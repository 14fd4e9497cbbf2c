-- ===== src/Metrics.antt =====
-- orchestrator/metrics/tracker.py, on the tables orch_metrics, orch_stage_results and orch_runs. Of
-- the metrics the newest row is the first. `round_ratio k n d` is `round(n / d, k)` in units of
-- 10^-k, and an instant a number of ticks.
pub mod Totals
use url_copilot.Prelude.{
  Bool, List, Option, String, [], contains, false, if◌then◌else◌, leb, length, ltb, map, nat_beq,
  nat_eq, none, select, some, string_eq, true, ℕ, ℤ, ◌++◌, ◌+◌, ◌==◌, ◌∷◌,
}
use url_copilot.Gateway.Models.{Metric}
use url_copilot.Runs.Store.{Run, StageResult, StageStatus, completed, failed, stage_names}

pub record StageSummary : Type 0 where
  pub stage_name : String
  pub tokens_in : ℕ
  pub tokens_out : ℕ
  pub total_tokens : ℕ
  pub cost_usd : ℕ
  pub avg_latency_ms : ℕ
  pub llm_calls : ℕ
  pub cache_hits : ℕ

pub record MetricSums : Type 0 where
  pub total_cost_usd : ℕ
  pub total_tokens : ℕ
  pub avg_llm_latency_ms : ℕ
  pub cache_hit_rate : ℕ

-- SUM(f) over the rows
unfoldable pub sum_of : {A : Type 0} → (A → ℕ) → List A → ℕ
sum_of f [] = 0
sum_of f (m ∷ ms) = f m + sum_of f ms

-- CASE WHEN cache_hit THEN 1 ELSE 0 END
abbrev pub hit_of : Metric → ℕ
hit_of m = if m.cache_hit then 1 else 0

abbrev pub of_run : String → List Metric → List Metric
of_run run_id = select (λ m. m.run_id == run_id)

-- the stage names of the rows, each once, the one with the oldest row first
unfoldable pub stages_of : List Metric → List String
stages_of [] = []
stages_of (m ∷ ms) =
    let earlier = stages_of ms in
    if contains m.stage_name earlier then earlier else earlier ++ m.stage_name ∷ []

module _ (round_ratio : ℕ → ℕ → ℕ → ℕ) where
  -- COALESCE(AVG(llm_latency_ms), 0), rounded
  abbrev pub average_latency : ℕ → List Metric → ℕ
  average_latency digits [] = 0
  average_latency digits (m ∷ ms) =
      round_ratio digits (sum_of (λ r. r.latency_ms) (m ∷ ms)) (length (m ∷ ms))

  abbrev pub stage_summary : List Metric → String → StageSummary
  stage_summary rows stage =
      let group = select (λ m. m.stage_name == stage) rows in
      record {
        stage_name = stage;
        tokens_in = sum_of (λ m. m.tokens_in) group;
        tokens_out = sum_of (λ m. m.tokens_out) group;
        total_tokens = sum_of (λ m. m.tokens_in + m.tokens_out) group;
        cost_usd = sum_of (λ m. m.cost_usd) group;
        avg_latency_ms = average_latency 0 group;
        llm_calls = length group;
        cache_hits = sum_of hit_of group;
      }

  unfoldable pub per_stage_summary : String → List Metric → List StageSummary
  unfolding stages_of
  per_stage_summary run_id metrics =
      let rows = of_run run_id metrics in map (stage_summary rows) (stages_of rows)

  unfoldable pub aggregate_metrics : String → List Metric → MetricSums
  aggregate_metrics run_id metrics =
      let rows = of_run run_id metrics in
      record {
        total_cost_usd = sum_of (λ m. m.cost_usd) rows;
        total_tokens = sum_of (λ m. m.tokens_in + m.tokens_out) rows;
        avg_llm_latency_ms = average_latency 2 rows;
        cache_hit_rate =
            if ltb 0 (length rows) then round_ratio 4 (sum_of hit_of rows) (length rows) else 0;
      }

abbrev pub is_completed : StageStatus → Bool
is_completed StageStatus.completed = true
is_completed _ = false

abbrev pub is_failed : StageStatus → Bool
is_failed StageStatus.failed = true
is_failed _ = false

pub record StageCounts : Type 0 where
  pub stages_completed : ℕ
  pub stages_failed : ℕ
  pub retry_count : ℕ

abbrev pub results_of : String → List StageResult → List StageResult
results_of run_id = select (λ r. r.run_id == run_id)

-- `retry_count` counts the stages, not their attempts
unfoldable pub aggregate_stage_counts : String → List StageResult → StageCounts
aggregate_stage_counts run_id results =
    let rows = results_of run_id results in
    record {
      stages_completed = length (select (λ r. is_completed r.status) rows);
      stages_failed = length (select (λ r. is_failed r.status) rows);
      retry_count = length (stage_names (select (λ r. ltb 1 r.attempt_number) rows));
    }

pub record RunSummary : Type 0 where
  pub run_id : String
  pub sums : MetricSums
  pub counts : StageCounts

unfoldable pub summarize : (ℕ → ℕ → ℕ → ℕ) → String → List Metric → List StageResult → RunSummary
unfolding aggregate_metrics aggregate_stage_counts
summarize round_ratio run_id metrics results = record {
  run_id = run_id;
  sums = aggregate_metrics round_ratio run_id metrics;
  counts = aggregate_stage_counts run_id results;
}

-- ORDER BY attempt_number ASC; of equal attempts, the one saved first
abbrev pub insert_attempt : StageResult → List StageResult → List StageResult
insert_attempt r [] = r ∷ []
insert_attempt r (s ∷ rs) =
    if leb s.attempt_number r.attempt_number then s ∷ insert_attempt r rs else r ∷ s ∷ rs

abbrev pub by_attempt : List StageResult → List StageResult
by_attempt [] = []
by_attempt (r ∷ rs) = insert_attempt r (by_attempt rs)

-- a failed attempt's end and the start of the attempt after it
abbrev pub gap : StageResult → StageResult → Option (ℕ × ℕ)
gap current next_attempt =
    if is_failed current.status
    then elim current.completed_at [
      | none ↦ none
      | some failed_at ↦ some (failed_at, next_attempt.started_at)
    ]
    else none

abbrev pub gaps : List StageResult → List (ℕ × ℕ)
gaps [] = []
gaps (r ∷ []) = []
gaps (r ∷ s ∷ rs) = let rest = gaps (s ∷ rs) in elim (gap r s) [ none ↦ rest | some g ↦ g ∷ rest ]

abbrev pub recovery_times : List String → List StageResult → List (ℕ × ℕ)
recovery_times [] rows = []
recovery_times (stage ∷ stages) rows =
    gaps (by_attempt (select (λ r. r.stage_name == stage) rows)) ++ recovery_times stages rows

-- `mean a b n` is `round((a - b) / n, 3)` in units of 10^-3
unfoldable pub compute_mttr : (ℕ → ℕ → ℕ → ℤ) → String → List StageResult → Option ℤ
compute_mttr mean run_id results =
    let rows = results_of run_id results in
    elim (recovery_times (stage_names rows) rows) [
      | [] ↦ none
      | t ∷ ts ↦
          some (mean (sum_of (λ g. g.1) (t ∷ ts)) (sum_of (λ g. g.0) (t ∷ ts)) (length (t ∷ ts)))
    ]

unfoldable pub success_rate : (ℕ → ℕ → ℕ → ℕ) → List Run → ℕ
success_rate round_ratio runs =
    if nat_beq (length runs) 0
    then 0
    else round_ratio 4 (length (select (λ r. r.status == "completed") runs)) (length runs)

---

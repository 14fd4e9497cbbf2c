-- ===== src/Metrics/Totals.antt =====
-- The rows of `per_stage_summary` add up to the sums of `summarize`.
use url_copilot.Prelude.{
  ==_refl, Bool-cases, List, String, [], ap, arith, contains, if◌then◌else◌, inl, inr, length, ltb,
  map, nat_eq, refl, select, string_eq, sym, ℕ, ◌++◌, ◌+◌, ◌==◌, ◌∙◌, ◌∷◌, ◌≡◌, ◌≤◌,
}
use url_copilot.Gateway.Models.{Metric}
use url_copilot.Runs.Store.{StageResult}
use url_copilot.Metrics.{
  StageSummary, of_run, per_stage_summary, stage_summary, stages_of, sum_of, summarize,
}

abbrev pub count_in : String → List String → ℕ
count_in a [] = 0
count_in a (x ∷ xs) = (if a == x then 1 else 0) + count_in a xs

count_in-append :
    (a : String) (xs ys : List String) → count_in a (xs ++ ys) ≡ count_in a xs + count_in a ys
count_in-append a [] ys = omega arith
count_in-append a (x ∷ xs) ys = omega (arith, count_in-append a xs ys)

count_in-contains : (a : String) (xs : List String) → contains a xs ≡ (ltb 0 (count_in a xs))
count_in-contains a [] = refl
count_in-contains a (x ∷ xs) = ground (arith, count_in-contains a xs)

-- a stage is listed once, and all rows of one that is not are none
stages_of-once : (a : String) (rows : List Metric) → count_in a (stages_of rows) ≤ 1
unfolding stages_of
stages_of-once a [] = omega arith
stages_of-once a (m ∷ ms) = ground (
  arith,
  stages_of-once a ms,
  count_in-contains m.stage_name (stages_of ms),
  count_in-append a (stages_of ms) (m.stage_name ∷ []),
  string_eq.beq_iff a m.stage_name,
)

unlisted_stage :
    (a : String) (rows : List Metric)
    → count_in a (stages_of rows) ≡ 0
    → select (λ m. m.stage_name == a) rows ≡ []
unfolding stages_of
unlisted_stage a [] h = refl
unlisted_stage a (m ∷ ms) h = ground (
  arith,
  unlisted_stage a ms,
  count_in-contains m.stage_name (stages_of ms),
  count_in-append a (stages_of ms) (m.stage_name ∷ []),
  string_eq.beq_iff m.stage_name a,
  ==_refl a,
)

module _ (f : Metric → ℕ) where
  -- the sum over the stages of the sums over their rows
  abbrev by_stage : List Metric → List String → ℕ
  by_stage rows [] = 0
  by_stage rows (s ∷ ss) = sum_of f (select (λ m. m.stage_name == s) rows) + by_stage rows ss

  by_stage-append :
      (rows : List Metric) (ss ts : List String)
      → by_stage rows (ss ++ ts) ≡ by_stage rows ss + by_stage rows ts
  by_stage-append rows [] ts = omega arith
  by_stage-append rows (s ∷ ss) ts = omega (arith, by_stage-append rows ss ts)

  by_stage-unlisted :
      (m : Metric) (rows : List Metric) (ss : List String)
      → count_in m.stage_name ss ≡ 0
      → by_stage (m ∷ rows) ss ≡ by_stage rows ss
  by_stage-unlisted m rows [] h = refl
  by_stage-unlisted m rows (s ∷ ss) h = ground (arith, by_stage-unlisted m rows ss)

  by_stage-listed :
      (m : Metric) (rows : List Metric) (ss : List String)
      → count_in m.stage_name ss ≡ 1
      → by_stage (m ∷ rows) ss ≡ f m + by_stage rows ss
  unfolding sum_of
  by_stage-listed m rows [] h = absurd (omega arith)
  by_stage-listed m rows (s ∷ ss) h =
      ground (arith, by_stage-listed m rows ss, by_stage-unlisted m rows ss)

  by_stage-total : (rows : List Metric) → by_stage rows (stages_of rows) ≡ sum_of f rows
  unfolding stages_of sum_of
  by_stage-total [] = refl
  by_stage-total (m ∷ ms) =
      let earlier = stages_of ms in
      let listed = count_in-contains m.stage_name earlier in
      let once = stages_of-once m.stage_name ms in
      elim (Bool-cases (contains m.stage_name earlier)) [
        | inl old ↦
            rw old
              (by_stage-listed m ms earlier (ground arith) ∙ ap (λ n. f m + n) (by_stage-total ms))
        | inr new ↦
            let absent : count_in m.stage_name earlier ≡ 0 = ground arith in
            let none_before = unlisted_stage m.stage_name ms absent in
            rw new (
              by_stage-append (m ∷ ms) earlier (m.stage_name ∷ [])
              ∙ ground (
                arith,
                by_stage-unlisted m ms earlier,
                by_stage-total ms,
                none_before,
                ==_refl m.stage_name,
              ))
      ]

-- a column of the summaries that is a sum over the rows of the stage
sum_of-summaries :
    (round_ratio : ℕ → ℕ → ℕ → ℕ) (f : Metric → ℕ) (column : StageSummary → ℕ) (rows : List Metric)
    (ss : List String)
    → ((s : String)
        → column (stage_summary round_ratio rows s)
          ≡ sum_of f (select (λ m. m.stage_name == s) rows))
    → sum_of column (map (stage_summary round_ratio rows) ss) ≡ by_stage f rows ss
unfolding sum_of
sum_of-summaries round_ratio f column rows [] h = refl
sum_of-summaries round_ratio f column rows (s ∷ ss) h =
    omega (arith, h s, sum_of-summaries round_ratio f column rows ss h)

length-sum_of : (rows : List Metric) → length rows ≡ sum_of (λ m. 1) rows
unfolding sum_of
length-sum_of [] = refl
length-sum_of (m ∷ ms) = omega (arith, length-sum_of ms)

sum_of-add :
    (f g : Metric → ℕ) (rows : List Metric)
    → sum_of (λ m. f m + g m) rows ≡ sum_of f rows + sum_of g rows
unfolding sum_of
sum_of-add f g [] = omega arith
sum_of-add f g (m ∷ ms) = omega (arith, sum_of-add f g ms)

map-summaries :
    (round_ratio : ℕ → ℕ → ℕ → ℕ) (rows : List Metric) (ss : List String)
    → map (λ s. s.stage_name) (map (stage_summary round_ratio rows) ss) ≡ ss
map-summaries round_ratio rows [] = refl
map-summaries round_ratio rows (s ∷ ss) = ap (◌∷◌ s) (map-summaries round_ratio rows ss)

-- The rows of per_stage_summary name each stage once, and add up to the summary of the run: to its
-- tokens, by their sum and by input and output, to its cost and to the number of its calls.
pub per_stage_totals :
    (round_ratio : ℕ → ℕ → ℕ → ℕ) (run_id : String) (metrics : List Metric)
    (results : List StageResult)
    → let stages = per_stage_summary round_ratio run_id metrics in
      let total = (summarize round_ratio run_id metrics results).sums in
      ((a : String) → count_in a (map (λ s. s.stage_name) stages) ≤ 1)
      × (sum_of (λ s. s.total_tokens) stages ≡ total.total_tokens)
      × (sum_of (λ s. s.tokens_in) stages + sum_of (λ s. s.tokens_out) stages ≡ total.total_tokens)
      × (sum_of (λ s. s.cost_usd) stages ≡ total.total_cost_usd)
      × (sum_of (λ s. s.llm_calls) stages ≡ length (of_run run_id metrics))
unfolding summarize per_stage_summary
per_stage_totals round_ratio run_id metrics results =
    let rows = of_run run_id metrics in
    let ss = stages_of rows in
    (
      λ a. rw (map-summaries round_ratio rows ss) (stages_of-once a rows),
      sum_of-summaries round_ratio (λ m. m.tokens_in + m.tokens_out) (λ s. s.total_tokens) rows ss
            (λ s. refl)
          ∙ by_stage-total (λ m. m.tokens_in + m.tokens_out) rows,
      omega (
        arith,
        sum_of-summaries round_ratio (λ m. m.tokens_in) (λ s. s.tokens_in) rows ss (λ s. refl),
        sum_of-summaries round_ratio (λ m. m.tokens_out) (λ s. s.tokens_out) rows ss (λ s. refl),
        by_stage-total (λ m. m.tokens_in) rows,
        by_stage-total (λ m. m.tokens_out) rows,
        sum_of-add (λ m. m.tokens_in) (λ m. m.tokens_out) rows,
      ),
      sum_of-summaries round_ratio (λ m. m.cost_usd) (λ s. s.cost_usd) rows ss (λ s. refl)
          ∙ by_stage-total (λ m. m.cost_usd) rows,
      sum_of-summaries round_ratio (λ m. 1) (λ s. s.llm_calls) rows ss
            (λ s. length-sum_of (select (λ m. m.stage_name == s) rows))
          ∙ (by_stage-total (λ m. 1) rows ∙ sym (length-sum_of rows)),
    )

--

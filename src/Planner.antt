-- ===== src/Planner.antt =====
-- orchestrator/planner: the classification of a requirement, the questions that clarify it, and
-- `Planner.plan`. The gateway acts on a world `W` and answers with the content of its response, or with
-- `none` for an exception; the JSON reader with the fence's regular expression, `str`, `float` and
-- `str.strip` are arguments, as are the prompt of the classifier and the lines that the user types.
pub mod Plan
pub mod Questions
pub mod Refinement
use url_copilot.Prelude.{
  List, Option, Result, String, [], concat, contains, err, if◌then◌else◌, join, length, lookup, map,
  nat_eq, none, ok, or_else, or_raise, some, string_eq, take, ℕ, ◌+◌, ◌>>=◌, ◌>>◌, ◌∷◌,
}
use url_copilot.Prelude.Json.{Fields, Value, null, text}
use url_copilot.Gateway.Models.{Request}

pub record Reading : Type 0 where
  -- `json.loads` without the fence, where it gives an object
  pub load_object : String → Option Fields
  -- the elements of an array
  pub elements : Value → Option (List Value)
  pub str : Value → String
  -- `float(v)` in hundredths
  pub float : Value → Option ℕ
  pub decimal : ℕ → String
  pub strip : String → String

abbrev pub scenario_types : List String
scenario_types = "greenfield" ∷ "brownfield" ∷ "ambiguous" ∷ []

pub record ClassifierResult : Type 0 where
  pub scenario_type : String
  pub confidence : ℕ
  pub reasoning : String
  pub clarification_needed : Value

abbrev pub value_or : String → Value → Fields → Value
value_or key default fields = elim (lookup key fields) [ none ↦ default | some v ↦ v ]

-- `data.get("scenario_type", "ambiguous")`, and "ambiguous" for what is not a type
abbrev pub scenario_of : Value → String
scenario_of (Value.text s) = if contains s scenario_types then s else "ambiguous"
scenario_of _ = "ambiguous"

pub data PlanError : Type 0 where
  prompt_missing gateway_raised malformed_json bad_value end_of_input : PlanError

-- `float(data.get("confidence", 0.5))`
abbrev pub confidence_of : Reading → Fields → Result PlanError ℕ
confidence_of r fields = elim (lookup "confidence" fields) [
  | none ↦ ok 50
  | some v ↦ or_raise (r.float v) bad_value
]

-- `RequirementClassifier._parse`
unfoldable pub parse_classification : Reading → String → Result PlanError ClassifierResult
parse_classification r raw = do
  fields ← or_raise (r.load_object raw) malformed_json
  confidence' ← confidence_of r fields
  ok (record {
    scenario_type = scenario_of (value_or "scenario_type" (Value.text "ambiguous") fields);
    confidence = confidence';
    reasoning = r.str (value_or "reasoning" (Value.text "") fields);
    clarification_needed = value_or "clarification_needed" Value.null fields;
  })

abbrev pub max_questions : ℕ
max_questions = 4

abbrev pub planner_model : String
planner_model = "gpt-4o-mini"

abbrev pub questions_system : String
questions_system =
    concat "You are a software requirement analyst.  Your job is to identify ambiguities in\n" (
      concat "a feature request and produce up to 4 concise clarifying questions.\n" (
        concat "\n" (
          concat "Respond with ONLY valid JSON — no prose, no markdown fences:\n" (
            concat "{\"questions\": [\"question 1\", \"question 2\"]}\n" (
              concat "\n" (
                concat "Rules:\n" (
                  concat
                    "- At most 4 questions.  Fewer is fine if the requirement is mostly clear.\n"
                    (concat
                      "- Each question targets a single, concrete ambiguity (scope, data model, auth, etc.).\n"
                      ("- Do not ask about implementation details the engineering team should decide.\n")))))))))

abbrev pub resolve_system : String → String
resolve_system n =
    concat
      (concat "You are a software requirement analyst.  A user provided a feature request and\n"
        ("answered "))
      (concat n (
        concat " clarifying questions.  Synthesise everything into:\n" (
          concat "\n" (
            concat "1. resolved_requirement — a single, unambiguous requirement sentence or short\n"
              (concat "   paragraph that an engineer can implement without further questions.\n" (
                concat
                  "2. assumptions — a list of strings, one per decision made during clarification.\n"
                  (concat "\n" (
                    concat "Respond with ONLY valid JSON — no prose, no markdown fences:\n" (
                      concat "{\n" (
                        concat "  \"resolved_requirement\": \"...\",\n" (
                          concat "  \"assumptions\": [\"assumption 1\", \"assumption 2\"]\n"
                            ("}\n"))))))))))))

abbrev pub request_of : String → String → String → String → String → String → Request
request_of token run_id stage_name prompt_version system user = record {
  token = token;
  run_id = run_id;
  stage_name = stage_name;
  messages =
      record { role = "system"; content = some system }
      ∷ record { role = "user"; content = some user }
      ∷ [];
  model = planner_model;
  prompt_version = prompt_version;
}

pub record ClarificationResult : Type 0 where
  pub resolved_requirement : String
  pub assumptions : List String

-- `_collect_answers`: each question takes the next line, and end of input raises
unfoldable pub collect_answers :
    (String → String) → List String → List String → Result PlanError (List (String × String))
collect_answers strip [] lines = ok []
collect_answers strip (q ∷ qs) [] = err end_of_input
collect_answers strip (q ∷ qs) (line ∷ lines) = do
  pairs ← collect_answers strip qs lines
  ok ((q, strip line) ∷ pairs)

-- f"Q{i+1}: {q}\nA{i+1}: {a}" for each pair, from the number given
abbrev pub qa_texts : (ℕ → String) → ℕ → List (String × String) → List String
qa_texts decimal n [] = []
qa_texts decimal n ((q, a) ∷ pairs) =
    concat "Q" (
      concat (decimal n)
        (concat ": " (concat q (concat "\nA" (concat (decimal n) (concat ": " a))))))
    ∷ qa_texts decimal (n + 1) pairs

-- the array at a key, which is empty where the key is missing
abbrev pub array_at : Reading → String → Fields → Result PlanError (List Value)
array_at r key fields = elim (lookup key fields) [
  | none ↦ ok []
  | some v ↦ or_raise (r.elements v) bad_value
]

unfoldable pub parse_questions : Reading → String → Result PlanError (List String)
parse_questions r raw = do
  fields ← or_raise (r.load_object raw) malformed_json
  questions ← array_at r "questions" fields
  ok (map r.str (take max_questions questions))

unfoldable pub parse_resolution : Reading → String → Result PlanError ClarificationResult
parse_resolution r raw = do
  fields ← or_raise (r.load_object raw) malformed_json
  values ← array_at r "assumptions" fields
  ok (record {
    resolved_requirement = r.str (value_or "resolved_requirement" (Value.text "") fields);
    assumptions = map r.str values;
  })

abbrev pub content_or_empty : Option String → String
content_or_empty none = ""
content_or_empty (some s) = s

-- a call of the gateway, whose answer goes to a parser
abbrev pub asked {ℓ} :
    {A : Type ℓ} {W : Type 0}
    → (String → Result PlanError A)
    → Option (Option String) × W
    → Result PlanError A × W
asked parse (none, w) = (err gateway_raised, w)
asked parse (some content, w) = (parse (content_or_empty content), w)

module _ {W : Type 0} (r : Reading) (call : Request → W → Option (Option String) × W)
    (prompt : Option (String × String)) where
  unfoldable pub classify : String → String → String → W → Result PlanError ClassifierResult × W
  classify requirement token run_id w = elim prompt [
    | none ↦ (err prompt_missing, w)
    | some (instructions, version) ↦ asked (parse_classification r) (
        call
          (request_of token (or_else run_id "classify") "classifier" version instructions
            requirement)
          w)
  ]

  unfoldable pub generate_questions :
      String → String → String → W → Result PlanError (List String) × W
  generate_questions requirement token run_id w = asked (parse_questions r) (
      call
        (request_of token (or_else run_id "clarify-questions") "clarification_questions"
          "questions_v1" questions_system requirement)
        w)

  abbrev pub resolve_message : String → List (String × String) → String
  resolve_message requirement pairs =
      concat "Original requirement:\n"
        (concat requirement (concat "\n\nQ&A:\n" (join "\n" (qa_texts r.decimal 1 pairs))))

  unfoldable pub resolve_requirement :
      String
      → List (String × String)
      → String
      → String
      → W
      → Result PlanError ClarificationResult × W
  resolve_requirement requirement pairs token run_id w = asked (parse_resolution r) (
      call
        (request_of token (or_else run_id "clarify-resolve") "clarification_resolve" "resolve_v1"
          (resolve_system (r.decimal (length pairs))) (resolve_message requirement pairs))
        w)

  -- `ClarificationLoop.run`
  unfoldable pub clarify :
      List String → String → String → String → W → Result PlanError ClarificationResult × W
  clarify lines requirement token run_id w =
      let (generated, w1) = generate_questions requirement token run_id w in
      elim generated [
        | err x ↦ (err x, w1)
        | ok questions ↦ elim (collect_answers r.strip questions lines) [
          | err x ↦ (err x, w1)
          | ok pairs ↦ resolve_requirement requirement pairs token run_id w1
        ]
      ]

Activity. From the listing above, return every line that carries the string "attempts".

Exercise answer.
-- `retry_count` counts the stages, not their attempts
-- ORDER BY attempt_number ASC; of equal attempts, the one saved first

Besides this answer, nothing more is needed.